EXERCISE DATA ->
· · ·
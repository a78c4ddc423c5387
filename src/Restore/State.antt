-- ===== src/Restore/State.antt =====
-- crates/octa-cache/src/restore.rs and crates/octa-cache/src/restore/journal.rs: the durable state of
-- one restore transaction, its renames and its markers. An output root stands in up to three places:
-- live, in the staging directory and in the backup directory.
use octa.Common.{Bool, true, false, Option, none, some, List, if◌then◌else◌}
use octa.Restore.Exec.{
  io_error, Exec, pure, raise, ◌>>=◌, ◌>>◌, act, observe, step, with_state, each,
}

-- `JournalRoot` with the values of its paths. `bundled` is what the verified bundle holds for it.
pub record Root (V : Type 0) : Type 0 where
  pub had_original : Bool
  pub bundled : V
  pub live : Option V
  pub staged : Option V
  pub saved : Option V

-- The journal file with its three markers, the transaction directory, and the roots.
pub record Files (V : Type 0) : Type 0 where
  pub journal : Bool
  pub prepared : Bool
  pub committed : Bool
  pub rolled_back : Bool
  pub transaction : Bool
  pub roots : List (Root V)

pub data Place : Type 0 where
  live staged saved : Place

pub data Marker : Type 0 where
  prepared committed rolled_back : Marker

module _ {V : Type 0} where
  abbrev pub at : Place → Root V → Option V
  at live r = r.live
  at staged r = r.staged
  at saved r = r.saved

  abbrev pub put : Place → Option V → Root V → Root V
  put live v r = record r { live = v }
  put staged v r = record r { staged = v }
  put saved v r = record r { saved = v }

  abbrev pub is_some : Option V → Bool
  is_some none = false
  is_some (some v) = true

  unfoldable pub path_exists : Place → Exec (Root V) Bool
  path_exists p = observe λ r. is_some (at p r)

  -- The value that moves; without one the rename fails.
  abbrev pub moved : Option V → Place → Place → Exec (Root V) (Unit {0})
  moved none source target = raise io_error
  moved (some v) source target = act io_error λ r. put target (some v) (put source none r)

  unfoldable pub rename : Place → Place → Exec (Root V) (Unit {0})
  rename source target r = moved (at source r) source target r

  -- The two directories of a rename always differ here.
  unfoldable pub sync_rename_parents : Exec (Root V) (Unit {0})
  sync_rename_parents = do step; step

  abbrev pub has_marker : Marker → Files V → Bool
  has_marker prepared w = w.prepared
  has_marker committed w = w.committed
  has_marker rolled_back w = w.rolled_back

  abbrev pub set_marker : Marker → Bool → Files V → Files V
  set_marker prepared b w = record w { prepared = b }
  set_marker committed b w = record w { committed = b }
  set_marker rolled_back b w = record w { rolled_back = b }

  unfoldable pub marker_exists : Marker → Exec (Files V) Bool
  marker_exists m = observe (has_marker m)

  -- `create_new` refuses a file that is there; then the file and its directory are flushed.
  unfoldable pub write_marker : Marker → Exec (Files V) (Unit {0})
  write_marker m w =
      (if has_marker m w then raise io_error else do act io_error (set_marker m true); step; step) w

  unfoldable pub on_roots : {A : Type 0} → Exec (List (Root V)) A → Exec (Files V) A
  on_roots body w fs = with_state (λ rs. record w { roots = rs }) (body w.roots fs)

  -- Deletes the files of a transaction one after the other.
  unfoldable pub discard : Exec (Root V) (Unit {0})
  discard = do
    act io_error λ r. record r { staged = none }
    act io_error λ r. record r { saved = none }

  -- `fs::remove_dir_all(transaction)`, where an absent directory is fine, and the flush after it.
  unfoldable pub remove_transaction : Exec (Files V) (Unit {0})
  remove_transaction = do
    present ← observe λ w. w.transaction
    if present
        then (do on_roots (each discard); act io_error λ w. record w { transaction = false }; step)
        else pure tt

  unfoldable pub remove_transaction_state : Exec (Files V) (Unit {0})
  remove_transaction_state = do
    act io_error λ w. record w { prepared = false }
    step
    remove_transaction
    act io_error λ w. record w { committed = false }
    act io_error λ w. record w { rolled_back = false }
    act io_error λ w. record w { journal = false }
    step

  unfoldable pub remove_unprepared_transaction_state : Exec (Files V) (Unit {0})
  remove_unprepared_transaction_state = do
    remove_transaction
    present ← observe λ w. w.journal
    if present then (do act io_error λ w. record w { journal = false }; step) else pure tt

  -- The renamed temporary file makes the journal visible at once.
  unfoldable pub write_journal : Exec (Files V) (Unit {0})
  write_journal = do step; step; act io_error λ w. record w { journal = true }; step
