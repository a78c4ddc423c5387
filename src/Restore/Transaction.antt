-- ===== src/Restore/Transaction.antt =====
-- crates/octa-cache/src/restore.rs: a restore, its rollback, and the recovery of a journal that a
-- terminated process left.
use octa.Common.{Bool, true, false, not, ◌&&◌, some, List, [], ◌∷◌, if◌then◌else◌}
use octa.Restore.Exec.{
  io_error, metadata_error, Exec, pure, raise, ◌>>=◌, ◌>>◌, act, observe, step, check_cancelled,
  repeat, on_error, ignoring, each, each_rev,
}
use octa.Restore.State.{
  Root, Files, live, staged, saved, prepared, committed, rolled_back, path_exists, rename,
  sync_rename_parents, marker_exists, write_marker, on_roots, remove_transaction_state,
  remove_unprepared_transaction_state, write_journal,
}

pub data RestoreOutcome : Type 0 where
  already_materialized restored : RestoreOutcome

module _ {V : Type 0} where
  -- What rollback does with a root that had a value: the new one goes back into staging, if it was
  -- installed, and the old one comes back from the backup.
  unfoldable pub return_installed : Bool → Exec (Root V) (Unit {0})
  return_installed false = pure tt
  return_installed true = do
    is_staged ← path_exists staged
    if is_staged then raise metadata_error else do step; rename live staged; sync_rename_parents

  unfoldable pub revert_original : Exec (Root V) (Unit {0})
  revert_original = do
    is_saved ← path_exists saved
    if is_saved
        then (do
          is_live ← path_exists live
          return_installed is_live
          step
          rename saved live
          sync_rename_parents)
        else do is_staged ← path_exists staged; if is_staged then pure tt else raise metadata_error

  unfoldable pub revert_new : Exec (Root V) (Unit {0})
  revert_new = do
    is_staged ← path_exists staged
    is_live ← path_exists live
    if not is_staged
        then (if not is_live
            then raise metadata_error
            else do step; rename live staged; sync_rename_parents)
        else if is_live
        then raise metadata_error
        else pure tt

  unfoldable pub revert : Exec (Root V) (Unit {0})
  revert r = (if r.had_original then revert_original else revert_new) r

  -- `parents` has one element for each directory that the restore created.
  unfoldable pub rollback : List (Unit {0}) → Exec (Files V) (Unit {0})
  rollback parents = do
    on_roots (each_rev revert)
    repeat (do step; step) parents
    write_marker rolled_back
    remove_transaction_state

  unfoldable pub check_live : Exec (Root V) (Unit {0})
  check_live = do is_live ← path_exists live; if is_live then pure tt else raise metadata_error

  unfoldable pub cleanup_committed : Exec (Files V) (Unit {0})
  cleanup_committed = do on_roots (each check_live); remove_transaction_state

  unfoldable pub recover_one : List (Unit {0}) → Exec (Files V) (Unit {0})
  recover_one parents = do
    is_committed ← marker_exists committed
    is_rolled_back ← marker_exists rolled_back
    is_prepared ← marker_exists prepared
    if is_committed && is_rolled_back
        then raise metadata_error
        else if is_committed
        then cleanup_committed
        else if is_rolled_back
        then remove_transaction_state
        else if is_prepared
        then rollback parents
        else remove_unprepared_transaction_state

  -- What `recover` does for this transaction: nothing without a journal.
  unfoldable pub recover : List (Unit {0}) → Exec (Files V) (Unit {0})
  recover parents = do
    present ← observe λ w. w.journal
    if present then recover_one parents else pure tt

  -- `extract_bundle` writes the root's value into staging.
  unfoldable pub extract : Exec (Root V) (Unit {0})
  extract = act io_error λ r. record r { staged = some r.bundled }

  -- The backup directory of a root that has a value.
  unfoldable pub make_backup_parent : Exec (Root V) (Unit {0})
  make_backup_parent r = (if r.had_original then step else pure tt) r

  -- The steps after `transaction` is made: staging, backup, extraction, validation, flushes.
  unfoldable pub prepare : Exec (Files V) (Unit {0})
  prepare = do
    act io_error λ w. record w { transaction = true }
    step
    step
    on_roots (each extract)
    step
    on_roots (each make_backup_parent)
    step
    step
    write_marker prepared

  unfoldable pub back_up : Exec (Root V) (Unit {0})
  back_up r =
      (if not r.had_original then pure tt else do step; rename live saved; sync_rename_parents) r

  unfoldable pub replace : Exec (Root V) (Unit {0})
  replace = do check_cancelled; back_up; step; rename staged live; sync_rename_parents

  unfoldable pub mutate : List (Unit {0}) → Exec (Files V) (Unit {0})
  mutate parents = do
    repeat (do step; step) parents
    on_roots (each replace)
    write_marker committed

  -- The general path of `restore_with_callbacks`, from the staging on.
  unfoldable pub restore_roots : List (Unit {0}) → Exec (Files V) RestoreOutcome
  restore_roots parents = do
    (λ w fs. on_error (prepare w fs) remove_transaction_state)
    (λ w fs. on_error (mutate parents w fs) (rollback parents))
    cleanup_committed
    pure restored

  unfoldable pub prepare_new : Exec (Files V) (Unit {0})
  prepare_new = do
    act io_error λ w. record w { transaction = true }
    step
    on_roots (each extract)
    step
    step
    check_cancelled

  unfoldable pub install_new : Exec (Files V) (Unit {0})
  install_new = on_roots (each (rename staged live))

  -- One root, absent before: no backup and no markers.
  unfoldable pub restore_new_root : Exec (Files V) RestoreOutcome
  restore_new_root = do
    (λ w fs. on_error (prepare_new w fs) remove_unprepared_transaction_state)
    (λ w fs. on_error (install_new w fs) remove_unprepared_transaction_state)
    (λ w fs.
        on_error (on_roots (each sync_rename_parents) w fs)
          λ v gs. ignoring (remove_unprepared_transaction_state v gs))
    remove_unprepared_transaction_state
    pure restored

  abbrev pub is_single_new : List (Root V) → List (Unit {0}) → Bool
  is_single_new (r ∷ []) [] = not r.had_original
  is_single_new (r ∷ []) (_ ∷ parents) = false
  is_single_new [] parents = false
  is_single_new (r ∷ q ∷ rs) parents = false

  -- `restore_with_callbacks` after its checks; `matches` is the result of `outputs_match`.
  unfoldable pub restore : Bool → List (Unit {0}) → Exec (Files V) RestoreOutcome
  restore true parents = do check_cancelled; step; pure already_materialized
  restore false parents = do
    check_cancelled
    write_journal
    λ w. (if is_single_new w.roots parents then restore_new_root else restore_roots parents) w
· · ·
ABOUT THIS EXERCISE -> Restate word for word the lines in the material above from the one with "-- The backup" to the one with "unfoldable pub back_up"; both of those lines count, and nothing else does.

ANSWER TO THIS EXERCISE ->
  -- The backup directory of a root that has a value.
  unfoldable pub make_backup_parent : Exec (Root V) (Unit {0})
  make_backup_parent r = (if r.had_original then step else pure tt) r

  -- The steps after `transaction` is made: staging, backup, extraction, validation, flushes.
  unfoldable pub prepare : Exec (Files V) (Unit {0})
  prepare = do
    act io_error λ w. record w { transaction = true }
    step
    step
    on_roots (each extract)
    step
    on_roots (each make_backup_parent)
    step
    step
    write_marker prepared

  unfoldable pub back_up : Exec (Root V) (Unit {0})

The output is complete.